» SUPPLIED INFORMATION
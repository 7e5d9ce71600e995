-- ===== src/Domain/AgentStatus/Laws.antt =====
-- How the label, the tone, the offline test and the list filter of agentStatus.ts agree.
use instace_metric_collector.Common.{
  Str, codes, same, same→eq, Option, none, some, false, true, ◌≡◌, ◌⊎◌, inl, inr, ◌↔◌, arith, refl,
  not,
}
use instace_metric_collector.Domain.AgentStatus.{
  success, is_status, agent_status_label, agent_status_tone, is_agent_offline, all, live, offline,
  matches_agent_filter,
}

-- The three values that the server sends.
abbrev pub IsKnown : Option Str → Type 0
IsKnown status =
    (status ≡ some (codes "live"))
    ⊎ (status ≡ some (codes "stale"))
    ⊎ (status ≡ some (codes "offline"))

live_not_other :
    (status : Option Str)
    → is_status status "live" ≡ true
    → (is_status status "stale" ≡ false) × (is_status status "offline" ≡ false)
unfolding is_status same
live_not_other none h = cc
live_not_other (some s) h = rw (same→eq s _ h) (refl, refl)

-- On every status, an agent that the "offline" filter shows is one that the page treats as
-- offline, the "all" filter shows every agent, and no agent is shown by both "live" and "offline".
pub matches_agent_filter_lem :
    (status : Option Str)
    → (matches_agent_filter status offline ≡ is_agent_offline status)
      × (matches_agent_filter status all ≡ true)
      × (matches_agent_filter status live ≡ true → matches_agent_filter status offline ≡ false)
unfolding matches_agent_filter is_agent_offline
matches_agent_filter_lem status = (ground arith, refl, λ h. ground (arith, live_not_other status h))

-- A status that the server sends is shown by exactly one of "live" and "offline", and the tone is
-- the success tone exactly on the live one.
pub known_status_shown :
    (status : Option Str)
    → IsKnown status
    → (matches_agent_filter status live ≡ not (matches_agent_filter status offline))
      × ((agent_status_tone status ≡ success) ↔ (matches_agent_filter status live ≡ true))
unfolding matches_agent_filter agent_status_tone same
known_status_shown status h = elim h [
  | inl e ↦ rw e (refl, ((λ _. refl), λ _. refl))
  | inr (inl e) ↦ rw e (refl, ((λ k. cc), λ k. cc))
  | inr (inr e) ↦ rw e (refl, ((λ k. cc), λ k. cc))
]

-- A status that is missing or none of the three gets the label of a live agent, and yet is shown
-- by neither the "live" nor the "offline" filter.
pub unknown_status_hidden :
    (status : Option Str) (t : Str → Str)
    → is_status status "live" ≡ false
    → is_status status "stale" ≡ false
    → is_status status "offline" ≡ false
    → (agent_status_label status t ≡ t (codes "hub.status.live"))
      × (matches_agent_filter status live ≡ false)
      × (matches_agent_filter status offline ≡ false)
unfolding matches_agent_filter agent_status_label
unknown_status_hidden status t l s o = (rw (l, s, o), rw l, rw (s, o))
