-- ===== src/Domain/Format/Laws.antt =====
-- What `formatBytes` shows: the right unit, the nearest tenth, and the one boundary it misses.
use instace_metric_collector.Common.{
  ℕ, ◌+◌, ◌*◌, ◌/◌, ◌^◌, ◌≤◌, ◌<◌, ltb, ◌≡◌, ◌⊎◌, inl, inr, arith, refl, codes, show_nat, ◌++◌,
  or_else, get_elem?, [], false,
}
use instace_metric_collector.Domain.Format.{unit_of, tenths, fixed1, format_bytes, units}

-- The unit fits the size: at least one of it, and less than the next one, where there is one.
abbrev pub IsUnit : ℕ → ℕ × ℕ → Type 0
IsUnit bytes (den, i) =
    (den ≡ 1024 ^ (i + 1)) × (i ≤ 3) × (den ≤ bytes) × ((i ≡ 3) ⊎ (bytes < den * 1024))

unit_of_cases :
    (bytes : ℕ)
    → 1024 ≤ bytes
    → (unit_of bytes ≡ (1024, 0)) × (bytes < 1048576)
      ⊎ (unit_of bytes ≡ (1048576, 1)) × (1048576 ≤ bytes) × (bytes < 1073741824)
      ⊎ (unit_of bytes ≡ (1073741824, 2)) × (1073741824 ≤ bytes) × (bytes < 1099511627776)
      ⊎ (unit_of bytes ≡ (1099511627776, 3)) × (1099511627776 ≤ bytes)
unfolding unit_of
unit_of_cases bytes h = ground arith

-- From 1024 bytes on the loop ends with a unit that fits: one of KB, MB, GB and TB, not more than
-- the size, and the largest such.
pub unit_of-IsUnit : (bytes : ℕ) → 1024 ≤ bytes → IsUnit bytes (unit_of bytes)
unit_of-IsUnit bytes h = elim (unit_of_cases bytes h) [
  | inl (e, k) ↦ rw e (refl, omega arith, h, inr k)
  | inr (inl (e, l, k)) ↦ rw e (refl, omega arith, l, inr k)
  | inr (inr (inl (e, l, k))) ↦ rw e (refl, omega arith, l, inr k)
  | inr (inr (inr (e, l))) ↦ rw e (refl, omega arith, l, inl refl)
]

div_bounds : (n d : ℕ) → 0 < d → ((n / d) * d ≤ n) × (n < (n / d) * d + d)
div_bounds n d h = (omega arith, omega arith)

-- The number of tenths that is shown is the nearest one to the size in its unit: twice the
-- distance is at most one tenth of the unit, and a size halfway between two is rounded up.
pub tenths_nearest :
    (bytes den : ℕ)
    → 0 < den
    → (tenths bytes den * (2 * den) ≤ 20 * bytes + den)
      × (20 * bytes < tenths bytes den * (2 * den) + den)
unfolding tenths
tenths_nearest bytes den h =
    let (low, high) = div_bounds (20 * bytes + den) (2 * den) (omega arith) in (low, omega arith)

-- From 1024 bytes on at least 1.0 of the unit is shown, and at most 1024.0 of a unit below the
-- largest.
pub tenths_range :
    (bytes : ℕ)
    → 1024 ≤ bytes
    → (10 ≤ tenths bytes (unit_of bytes).0)
      × (((unit_of bytes).1 ≡ 3) ⊎ (tenths bytes (unit_of bytes).0 ≤ 10240))
unfolding tenths
tenths_range bytes h = elim (unit_of_cases bytes h) [
  | inl (e, k) ↦ rw e (omega arith, inr (omega arith))
  | inr (inl (e, l, k)) ↦ rw e (omega arith, inr (omega arith))
  | inr (inr (inl (e, l, k))) ↦ rw e (omega arith, inr (omega arith))
  | inr (inr (inr (e, l))) ↦ rw e (omega arith, inl refl)
]

tenths_at_boundary :
    (bytes : ℕ)
    → 1024 ≤ bytes
    → bytes < (unit_of bytes).0 * 1024
    → 20480 * (unit_of bytes).0 ≤ 20 * bytes + (unit_of bytes).0
    → tenths bytes (unit_of bytes).0 ≡ 10240
unfolding tenths
tenths_at_boundary bytes h = elim (unit_of_cases bytes h) [
  | inl (e, k) ↦ rw e (omega arith)
  | inr (inl (e, l, k)) ↦ rw e (omega arith)
  | inr (inr (inl (e, l, k))) ↦ rw e (omega arith)
  | inr (inr (inr (e, l))) ↦ rw e (omega arith)
]

fixed1_boundary : fixed1 10240 ≡ codes "1024.0"
unfolding fixed1 show_nat
fixed1_boundary = refl

ltb_of_le : (a b : ℕ) → b ≤ a → ltb a b ≡ false
ltb_of_le a b h = ground arith

-- A size of at least 1024 bytes that is less than 1024 of its unit, by a twentieth of the unit at
-- most, is printed as "1024.0" of that unit.
pub format_bytes_boundary :
    (bytes : ℕ)
    → 1024 ≤ bytes
    → bytes < (unit_of bytes).0 * 1024
    → 20480 * (unit_of bytes).0 ≤ 20 * bytes + (unit_of bytes).0
    → format_bytes bytes
      ≡ codes "1024.0" ++ codes " " ++ or_else (get_elem? units (unit_of bytes).1) []
unfolding format_bytes
format_bytes_boundary bytes h below near =
    rw (ltb_of_le bytes 1024 h, tenths_at_boundary bytes h below near, fixed1_boundary) refl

» EXERCISE DESCRIPTION
Every entry above should be transcribed exactly as it appears.

» RESPONSE BELOW
repository 7e5d9ce71600e995
-- ===== src/Domain/AgentStatus/Laws.antt =====
-- How the label, the tone, the offline test and the list filter of agentStatus.ts agree.
use instace_metric_collector.Common.{
  Str, codes, same, same→eq, Option, none, some, false, true, ◌≡◌, ◌⊎◌, inl, inr, ◌↔◌, arith, refl,
  not,
}
use instace_metric_collector.Domain.AgentStatus.{
  success, is_status, agent_status_label, agent_status_tone, is_agent_offline, all, live, offline,
  matches_agent_filter,
}

-- The three values that the server sends.
abbrev pub IsKnown : Option Str → Type 0
IsKnown status =
    (status ≡ some (codes "live"))
    ⊎ (status ≡ some (codes "stale"))
    ⊎ (status ≡ some (codes "offline"))

live_not_other :
    (status : Option Str)
    → is_status status "live" ≡ true
    → (is_status status "stale" ≡ false) × (is_status status "offline" ≡ false)
unfolding is_status same
live_not_other none h = cc
live_not_other (some s) h = rw (same→eq s _ h) (refl, refl)

-- On every status, an agent that the "offline" filter shows is one that the page treats as
-- offline, the "all" filter shows every agent, and no agent is shown by both "live" and "offline".
pub matches_agent_filter_lem :
    (status : Option Str)
    → (matches_agent_filter status offline ≡ is_agent_offline status)
      × (matches_agent_filter status all ≡ true)
      × (matches_agent_filter status live ≡ true → matches_agent_filter status offline ≡ false)
unfolding matches_agent_filter is_agent_offline
matches_agent_filter_lem status = (ground arith, refl, λ h. ground (arith, live_not_other status h))

-- A status that the server sends is shown by exactly one of "live" and "offline", and the tone is
-- the success tone exactly on the live one.
pub known_status_shown :
    (status : Option Str)
    → IsKnown status
    → (matches_agent_filter status live ≡ not (matches_agent_filter status offline))
      × ((agent_status_tone status ≡ success) ↔ (matches_agent_filter status live ≡ true))
unfolding matches_agent_filter agent_status_tone same
known_status_shown status h = elim h [
  | inl e ↦ rw e (refl, ((λ _. refl), λ _. refl))
  | inr (inl e) ↦ rw e (refl, ((λ k. cc), λ k. cc))
  | inr (inr e) ↦ rw e (refl, ((λ k. cc), λ k. cc))
]

-- A status that is missing or none of the three gets the label of a live agent, and yet is shown
-- by neither the "live" nor the "offline" filter.
pub unknown_status_hidden :
    (status : Option Str) (t : Str → Str)
    → is_status status "live" ≡ false
    → is_status status "stale" ≡ false
    → is_status status "offline" ≡ false
    → (agent_status_label status t ≡ t (codes "hub.status.live"))
      × (matches_agent_filter status live ≡ false)
      × (matches_agent_filter status offline ≡ false)
unfolding matches_agent_filter agent_status_label
unknown_status_hidden status t l s o = (rw (l, s, o), rw l, rw (s, o))
-- ===== src/Domain/Format/Laws.antt =====
-- What `formatBytes` shows: the right unit, the nearest tenth, and the one boundary it misses.
use instace_metric_collector.Common.{
  ℕ, ◌+◌, ◌*◌, ◌/◌, ◌^◌, ◌≤◌, ◌<◌, ltb, ◌≡◌, ◌⊎◌, inl, inr, arith, refl, codes, show_nat, ◌++◌,
  or_else, get_elem?, [], false,
}
use instace_metric_collector.Domain.Format.{unit_of, tenths, fixed1, format_bytes, units}

-- The unit fits the size: at least one of it, and less than the next one, where there is one.
abbrev pub IsUnit : ℕ → ℕ × ℕ → Type 0
IsUnit bytes (den, i) =
    (den ≡ 1024 ^ (i + 1)) × (i ≤ 3) × (den ≤ bytes) × ((i ≡ 3) ⊎ (bytes < den * 1024))

unit_of_cases :
    (bytes : ℕ)
    → 1024 ≤ bytes
    → (unit_of bytes ≡ (1024, 0)) × (bytes < 1048576)
      ⊎ (unit_of bytes ≡ (1048576, 1)) × (1048576 ≤ bytes) × (bytes < 1073741824)
      ⊎ (unit_of bytes ≡ (1073741824, 2)) × (1073741824 ≤ bytes) × (bytes < 1099511627776)
      ⊎ (unit_of bytes ≡ (1099511627776, 3)) × (1099511627776 ≤ bytes)
unfolding unit_of
unit_of_cases bytes h = ground arith

-- From 1024 bytes on the loop ends with a unit that fits: one of KB, MB, GB and TB, not more than
-- the size, and the largest such.
pub unit_of-IsUnit : (bytes : ℕ) → 1024 ≤ bytes → IsUnit bytes (unit_of bytes)
unit_of-IsUnit bytes h = elim (unit_of_cases bytes h) [
  | inl (e, k) ↦ rw e (refl, omega arith, h, inr k)
  | inr (inl (e, l, k)) ↦ rw e (refl, omega arith, l, inr k)
  | inr (inr (inl (e, l, k))) ↦ rw e (refl, omega arith, l, inr k)
  | inr (inr (inr (e, l))) ↦ rw e (refl, omega arith, l, inl refl)
]

div_bounds : (n d : ℕ) → 0 < d → ((n / d) * d ≤ n) × (n < (n / d) * d + d)
div_bounds n d h = (omega arith, omega arith)

-- The number of tenths that is shown is the nearest one to the size in its unit: twice the
-- distance is at most one tenth of the unit, and a size halfway between two is rounded up.
pub tenths_nearest :
    (bytes den : ℕ)
    → 0 < den
    → (tenths bytes den * (2 * den) ≤ 20 * bytes + den)
      × (20 * bytes < tenths bytes den * (2 * den) + den)
unfolding tenths
tenths_nearest bytes den h =
    let (low, high) = div_bounds (20 * bytes + den) (2 * den) (omega arith) in (low, omega arith)

-- From 1024 bytes on at least 1.0 of the unit is shown, and at most 1024.0 of a unit below the
-- largest.
pub tenths_range :
    (bytes : ℕ)
    → 1024 ≤ bytes
    → (10 ≤ tenths bytes (unit_of bytes).0)
      × (((unit_of bytes).1 ≡ 3) ⊎ (tenths bytes (unit_of bytes).0 ≤ 10240))
unfolding tenths
tenths_range bytes h = elim (unit_of_cases bytes h) [
  | inl (e, k) ↦ rw e (omega arith, inr (omega arith))
  | inr (inl (e, l, k)) ↦ rw e (omega arith, inr (omega arith))
  | inr (inr (inl (e, l, k))) ↦ rw e (omega arith, inr (omega arith))
  | inr (inr (inr (e, l))) ↦ rw e (omega arith, inl refl)
]

tenths_at_boundary :
    (bytes : ℕ)
    → 1024 ≤ bytes
    → bytes < (unit_of bytes).0 * 1024
    → 20480 * (unit_of bytes).0 ≤ 20 * bytes + (unit_of bytes).0
    → tenths bytes (unit_of bytes).0 ≡ 10240
unfolding tenths
tenths_at_boundary bytes h = elim (unit_of_cases bytes h) [
  | inl (e, k) ↦ rw e (omega arith)
  | inr (inl (e, l, k)) ↦ rw e (omega arith)
  | inr (inr (inl (e, l, k))) ↦ rw e (omega arith)
  | inr (inr (inr (e, l))) ↦ rw e (omega arith)
]

fixed1_boundary : fixed1 10240 ≡ codes "1024.0"
unfolding fixed1 show_nat
fixed1_boundary = refl

ltb_of_le : (a b : ℕ) → b ≤ a → ltb a b ≡ false
ltb_of_le a b h = ground arith

-- A size of at least 1024 bytes that is less than 1024 of its unit, by a twentieth of the unit at
-- most, is printed as "1024.0" of that unit.
pub format_bytes_boundary :
    (bytes : ℕ)
    → 1024 ≤ bytes
    → bytes < (unit_of bytes).0 * 1024
    → 20480 * (unit_of bytes).0 ≤ 20 * bytes + (unit_of bytes).0
    → format_bytes bytes
      ≡ codes "1024.0" ++ codes " " ++ or_else (get_elem? units (unit_of bytes).1) []
unfolding format_bytes
format_bytes_boundary bytes h below near =
    rw (ltb_of_le bytes 1024 h, tenths_at_boundary bytes h below near, fixed1_boundary) refl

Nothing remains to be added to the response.